In April this year, Wyeth milk powder was selected by the Swiss headquarters to check compliance. Headquarters sent a number of employees to the Chinese market to check whether Wyeth milk powder violates Swiss headquarters standards in its business activities. In response to the inspection, Wyeth employees had to reduce the display area of the first and second stages of milk powder in supermarkets and maternal and infant stores, and the promotion stack was absolutely not allowed-but in the Chinese market, the first and second stages of milk powder are the key to catching the new mother and the main source of sales-which directly led to the failure of Wyeth milk powder sales target in April.
In addition to expanding local talent, Zhang Guohua also wants to increase Nestl é's nutrition business to make "previously unhealthy products healthier," according to Nestl é insiders. This adjustment is due to the fact that Nestl é's existing product structure can no longer keep up with the upgrading trend of consumption in China-which means the upgrading of existing products and the launch of new products.

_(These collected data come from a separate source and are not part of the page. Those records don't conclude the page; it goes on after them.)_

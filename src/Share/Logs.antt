-- ===== src/Share/Logs.antt =====
-- The stream partition as the share partition reads it: what internal/queuelog/share.go calls of
-- internal/stream/partition.go, filled in by the model of that file.
use boltq.Prelude.{
  ℕ, zero, suc, ◌-◌, ◌≤◌, ◌<◌, ◌≡◌, ◌≢◌, ◌⊎◌, refl, sym, ap, ◌∙◌, Bool, List, [], ◌∷◌, length,
  arith, false, true, none, ltb, if◌then◌else◌, inl, inr, Bool-cases, GoString, Cases, nat_eq,
}
use boltq.Prelude.Dict.{has, get}
use boltq.Stream.{Record}
use boltq.Stream.Segment.Frames.{RunFrom}
use boltq.Stream.Partition.{Partition, seq_truncated}
use boltq.Stream.Partition.Reads.{ReadAnswer, read_failed, read_records, read_from, read_partition}
use boltq.Stream.Partition.Chain.{IsLog, Chain-run}
use boltq.Stream.Partition.Later.{later_some}
use boltq.Stream.Partition.Parts.{later}
use boltq.Stream.Partition.Follows.{read_partition_exact, Reads, starts_at, asked}
use boltq.Share.{
  Log, ReadResult, truncated, failed, records, Consecutive, SharePartition, Outside, Delivery,
}
use boltq.Share.Acquiring.{round, ends, read_next, acquire}
use boltq.Share.Window.{IsWindow}
use boltq.Share.Carry.{held}
use boltq.Share.Complete.{acquire_complete}
use boltq.Share.Acquire.{acquire_exclusive}

-- errors.Is(err, stream.ErrSeqTruncated)
abbrev pub seen : ReadAnswer → ReadResult
seen (read_records rs) = records rs
seen (read_failed seq_truncated rs) = truncated
seen (read_failed _ rs) = failed

RunFrom-Consecutive : (from : ℕ) (rs : List Record) → RunFrom from rs → Consecutive from rs
RunFrom-Consecutive from [] run = tt
RunFrom-Consecutive from (r ∷ rs) run = (run.0, RunFrom-Consecutive (suc from) rs run.1)

module _ (p : Partition) (rs : List Record) (log : IsLog p rs) (live : p.closed ≡ false) where
  -- The two answers of an open partition.
  answers :
      (from n : ℕ)
      → (ltb (starts_at p from) p.first_seq ≡ true) × (seen (read_from true p from n) ≡ truncated)
        ⊎ (ltb (starts_at p from) p.first_seq ≡ false) × Reads p rs from n 4194304
  answers from n =
      by_answer (ltb (starts_at p from) p.first_seq) refl
        (read_partition_exact p rs from n 4194304 log live)
    where
      by_answer :
          (b : Bool)
          → ltb (starts_at p from) p.first_seq ≡ b
          → Cases b
              (read_partition true p from n 4194304 ≡ read_failed seq_truncated [])
              (Reads p rs from n 4194304)
          → (ltb (starts_at p from) p.first_seq ≡ true)
              × (seen (read_from true p from n) ≡ truncated)
            ⊎ (ltb (starts_at p from) p.first_seq ≡ false) × Reads p rs from n 4194304
      by_answer true e c = inl (e, ap seen c)
      by_answer false e c = inr (e, c)

  pub kept : (from n : ℕ) → p.first_seq ≤ from → seen (read_from true p from n) ≡ truncated → ⊥
  kept from n le e = elim (answers from n) [
    | inl (low, _) ↦ ground (arith, low, le, log.low)
    | inr (_, r) ↦ ground (arith, e, ap seen r.answer)
  ]

  pub ordered :
      (from n : ℕ) (out : List Record)
      → 0 < from
      → 0 < n
      → seen (read_from true p from n) ≡ records out
      → Consecutive from out × (length out ≤ n)
  ordered from n out some_from some_n e = elim (answers from n) [
    | inl (_, t) ↦ absurd (ground (arith, e, t))
    | inr (_, r) ↦
        let same : records r.out ≡ records out = sym (ap seen r.answer) ∙ e in
        let out_is : r.out ≡ out = cc in
        let start : starts_at p from ≡ from = ground (arith, some_from) in
        let many : asked n ≡ n = ground (arith, some_n) in
        rw (sym out_is)
          (RunFrom-Consecutive from r.out (rw start at r.run), omega (arith, r.part.few, many))
  ]

  -- The interface that the share partition is proved over.
  abbrev pub partition_log : Log
  partition_log = record {
    first_seq = p.first_seq;
    numbered = log.low;
    read_from = λ from n. seen (read_from true p from n);
    kept_back = kept;
    in_order = ordered;
  }

  -- An open partition does not fail a read.
  reads : (from n : ℕ) → seen (read_from true p from n) ≢ failed
  reads from n e = elim (answers from n) [
    | inl (_, t) ↦ ground (arith, e, t)
    | inr (_, r) ↦ ground (arith, e, ap seen r.answer)
  ]

  -- An empty answer from the log's records on is given at its end only.
  at_end : (from n : ℕ) → 0 < from → seen (read_from true p from n) ≡ records [] → p.next_seq ≤ from
  at_end from n some_from e = elim (answers from n) [
    | inl (_, t) ↦ absurd (ground (arith, e, t))
    | inr (low, r) ↦
        let same : records r.out ≡ records [] = sym (ap seen r.answer) ∙ e in
        let nothing : r.out ≡ [] = cc in
        let start : starts_at p from ≡ from = ground (arith, some_from) in
        elim (Bool-cases (ltb from p.next_seq)) [
          | inr over ↦ ground (arith, over)
          | inl inside ↦
              let run = (Chain-run p.sealed p.active p.first_seq rs log.chain).0 in
              let above : p.first_seq ≤ from = ground (arith, low, start) in
              let some_there : 0 < length (later from rs) =
                later_some from p.first_seq rs run (ground (arith, inside, log.next))
                  (ground (arith, inside, log.next, above)) in
              let some_out = r.moves (rw start some_there) in
              absurd (ground (arith, some_out, ap length nothing))
        ]
  ]

  round-ends :
      (room from n : ℕ)
      → 0 < from
      → round room (seen (read_from true p from n)) ≡ ends true
      → (room ≡ 0) ⊎ (p.next_seq ≤ from)
  round-ends room from n some_from e =
      by_room room (seen (read_from true p from n)) e (at_end from n some_from)
    where
      by_room :
          (room : ℕ) (r : ReadResult)
          → round room r ≡ ends true
          → (r ≡ records [] → p.next_seq ≤ from)
          → (room ≡ 0) ⊎ (p.next_seq ≤ from)
      by_room zero r e last = inl refl
      by_room (suc room) truncated e last = unfold round in absurd (ground (arith, e))
      by_room (suc room) failed e last = unfold round in absurd (ground (arith, e))
      by_room (suc room) (records []) e last = inr (last refl)
      by_room (suc room) (records (r ∷ rs)) e last = unfold round in absurd (ground (arith, e))

  module _ {E : Type 0} ⦃out : Outside E⦄ where
    -- The window has no room, or the last record of the stream is in it.
    abbrev pub Exhausted : ℕ → List Delivery → SharePartition E → Type 0
    Exhausted want ds end =
        (length ds ≡ want)
        ⊎ (((s : ℕ) → has end.entries s ≡ true → held (get end.entries s) ≡ true)
            × ((end.cfg.max_in_flight ≤ end.next - end.base) ⊎ (p.next_seq ≤ end.next)))

    -- A consumer that asks an open share partition over an open stream partition for records gets
    -- no error, and as many as it asked for, unless no record waits to be handed out again and the
    -- window is full or has reached the end of the stream.
    pub acquire_partition :
        (sp : SharePartition E) (consumer : GoString) (want now : ℕ)
        → IsWindow sp
        → sp.closed ≡ false
        → ((acquire sp consumer (suc want) now partition_log).0.1 ≡ none)
          × Exhausted
              (suc want)
              (acquire sp consumer (suc want) now partition_log).0.0
              (acquire sp consumer (suc want) now partition_log).1
    acquire_partition sp consumer want now w opened =
        let window = (acquire_exclusive sp consumer (suc want) now partition_log w).window in
        let done = acquire_complete sp consumer want now partition_log w opened reads in
        (
          done.0,
          elim done.1 [
            | inl all ↦ inl all
            | inr (busy, (n, some_n, e)) ↦
                let end = (acquire sp consumer (suc want) now partition_log).1 in
                let last =
                  let room = end.cfg.max_in_flight - (end.next - end.base) in
                  round-ends room end.next (if ltb room n then room else n)
                    (omega (arith, window.positive, window.ordered)) (unfold read_next in e) in
                inr (busy, elim last [ inl full ↦ inl (omega (arith, full)) | inr over ↦ inr over ])
          ],
        )
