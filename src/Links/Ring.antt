-- ===== src/Links/Ring.antt =====
-- What a circular list stands for: the entries between two addresses, in order.
use zonix.Prelude.{
  ◌==◌, has, ◌∉◌, Distinct, ◌≡◌, true, false, List, [], ◌∷◌, ◌++◌, append_assoc, arith,
}
use zonix.Links.{Ptr, Links, list_link, list_unlink}

-- The two words that join neighbours agree.
abbrev pub Joined : Links → Ptr → Ptr → Type 0
Joined l p q = (l.next p ≡ q) × (l.prev q ≡ p)

-- From `p` the `next` words lead through `xs` to `q`, and the `prev` words back.
abbrev pub Chain : Links → Ptr → List Ptr → Ptr → Type 0
Chain l p [] q = Joined l p q
Chain l p (x ∷ xs) q = Joined l p x × Chain l x xs q

abbrev pub last_of : Ptr → List Ptr → Ptr
last_of p [] = p
last_of p (x ∷ xs) = last_of x xs

abbrev pub first_of_or : List Ptr → Ptr → Ptr
first_of_or [] q = q
first_of_or (x ∷ xs) q = x

-- A list with header `head` whose entries, from the header on, are `xs`.
pub record Ring (l : Links) (head : Ptr) (xs : List Ptr) : Type 0 where
  pub chain : Chain l head xs head
  pub apart : head ∉ xs
  pub distinct : Distinct xs

-- A chain reads `next` at `p` and the entries, `prev` at the entries and `q`.
pub Chain-frame :
    (l m : Links) (p q : Ptr) (xs : List Ptr)
    → ((a : Ptr) → has a (p ∷ xs) ≡ true → m.next a ≡ l.next a)
    → ((a : Ptr) → has a (q ∷ xs) ≡ true → m.prev a ≡ l.prev a)
    → Chain l p xs q
    → Chain m p xs q
Chain-frame l m p q [] fn fp c = ground (arith, fn p, fp q)
Chain-frame l m p q (x ∷ xs) fn fp c = (
  ground (arith, fn p, fp x),
  Chain-frame l m x q xs (λ a h. ground (arith, fn a)) (λ a h. ground (arith, fp a)) c.1,
)

-- The neighbours at a place inside a chain.
pub Chain-Joined :
    (l : Links) (p q : Ptr) (xs ys : List Ptr)
    → Chain l p (xs ++ ys) q
    → Joined l (last_of p xs) (first_of_or ys q)
Chain-Joined l p q [] [] c = c
Chain-Joined l p q [] (y ∷ ys) c = c.0
Chain-Joined l p q (x ∷ xs) ys c = Chain-Joined l x q xs ys c.1

pub not-last_of : (a x : Ptr) (xs ys : List Ptr) → a ∉ (x ∷ xs ++ ys) → (a == last_of x xs) ≡ false
not-last_of a x [] ys h = ground arith
not-last_of a x (y ∷ xs) ys h = not-last_of a y xs ys (ground arith)

not-first_of_or :
    (a q : Ptr) (xs ys : List Ptr)
    → a ∉ (xs ++ ys)
    → (a == q) ≡ false
    → (a == first_of_or ys q) ≡ false
not-first_of_or a q [] [] h e = e
not-first_of_or a q [] (y ∷ ys) h e = ground arith
not-first_of_or a q (x ∷ xs) ys h e = not-first_of_or a q xs ys (ground arith) e

-- Linking a new entry between two neighbours inserts it there.
pub Chain-list_link :
    (l : Links) (e p q : Ptr) (xs ys : List Ptr)
    → Chain l p (xs ++ ys) q
    → p ∉ (xs ++ ys)
    → q ∉ (xs ++ ys)
    → Distinct (xs ++ ys)
    → e ∉ (p ∷ q ∷ xs ++ ys)
    → Chain (list_link e (last_of p xs) (first_of_or ys q) l) p (xs ++ e ∷ ys) q
unfolding list_link
Chain-list_link l e p q [] [] c np nq d ne = ground arith
Chain-list_link l e p q [] (y ∷ ys) c np nq d ne = (
  ground arith,
  (ground arith, Chain-frame l _ y q ys (λ a h. ground arith) (λ a h. ground arith) c.1),
)
Chain-list_link l e p q (x ∷ xs) ys c np nq d ne = (
  ground (arith, not-last_of p x xs ys, not-first_of_or x q xs ys),
  Chain-list_link l e x q xs ys c.1 (ground arith) (ground arith) (ground arith) (ground arith),
)

-- Unlinking an entry takes it out and leaves the others in order.
pub Chain-list_unlink :
    (l : Links) (e p q : Ptr) (xs ys : List Ptr)
    → Chain l p (xs ++ e ∷ ys) q
    → p ∉ (xs ++ e ∷ ys)
    → q ∉ (xs ++ e ∷ ys)
    → Distinct (xs ++ e ∷ ys)
    → Chain (list_unlink (last_of p xs) (first_of_or ys q) l) p (xs ++ ys) q
unfolding list_unlink
Chain-list_unlink l e p q [] [] c np nq d = ground arith
Chain-list_unlink l e p q [] (y ∷ ys) c np nq d =
    (ground arith, Chain-frame l _ y q ys (λ a h. ground arith) (λ a h. ground arith) c.1.1)
Chain-list_unlink l e p q (x ∷ xs) ys c np nq d = (
  ground (
    arith,
    not-last_of p x xs (e ∷ ys),
    not-first_of_or x q (xs ++ e ∷ []) ys,
    append_assoc xs (e ∷ []) ys,
  ),
  Chain-list_unlink l e x q xs ys c.1 (ground arith) (ground arith) (ground arith),
)

-- The two words of an entry inside a chain.
pub Chain-around :
    (l : Links) (e p q : Ptr) (xs ys : List Ptr)
    → Chain l p (xs ++ e ∷ ys) q
    → (l.prev e ≡ last_of p xs) × (l.next e ≡ first_of_or ys q)
Chain-around l e p q [] [] c = (c.0.1, c.1.0)
Chain-around l e p q [] (y ∷ ys) c = (c.0.1, c.1.0.0)
Chain-around l e p q (x ∷ xs) ys c = Chain-around l e x q xs ys c.1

The sales system is still a top priority. Zhang Guohua obviously did not want to repeat the same mistake. As soon as he took office, he promoted the building of the direct operation team. At present, Nestl é has reached a direct supply agreement with RT-Mart and Wal-Mart, and more stores will be added to Nestl é's direct supply list.
For Zhang Guohua, this is a "back-to-back battle". Foreign giants no longer hold the rules of the game in China's consumer goods market; internally, Zhang Guohua also has to face the influence of unshakeable foreign executives-the style of European companies will not change.
For Nestl é China and Zhang Guohua, 2015 will determine their future fate.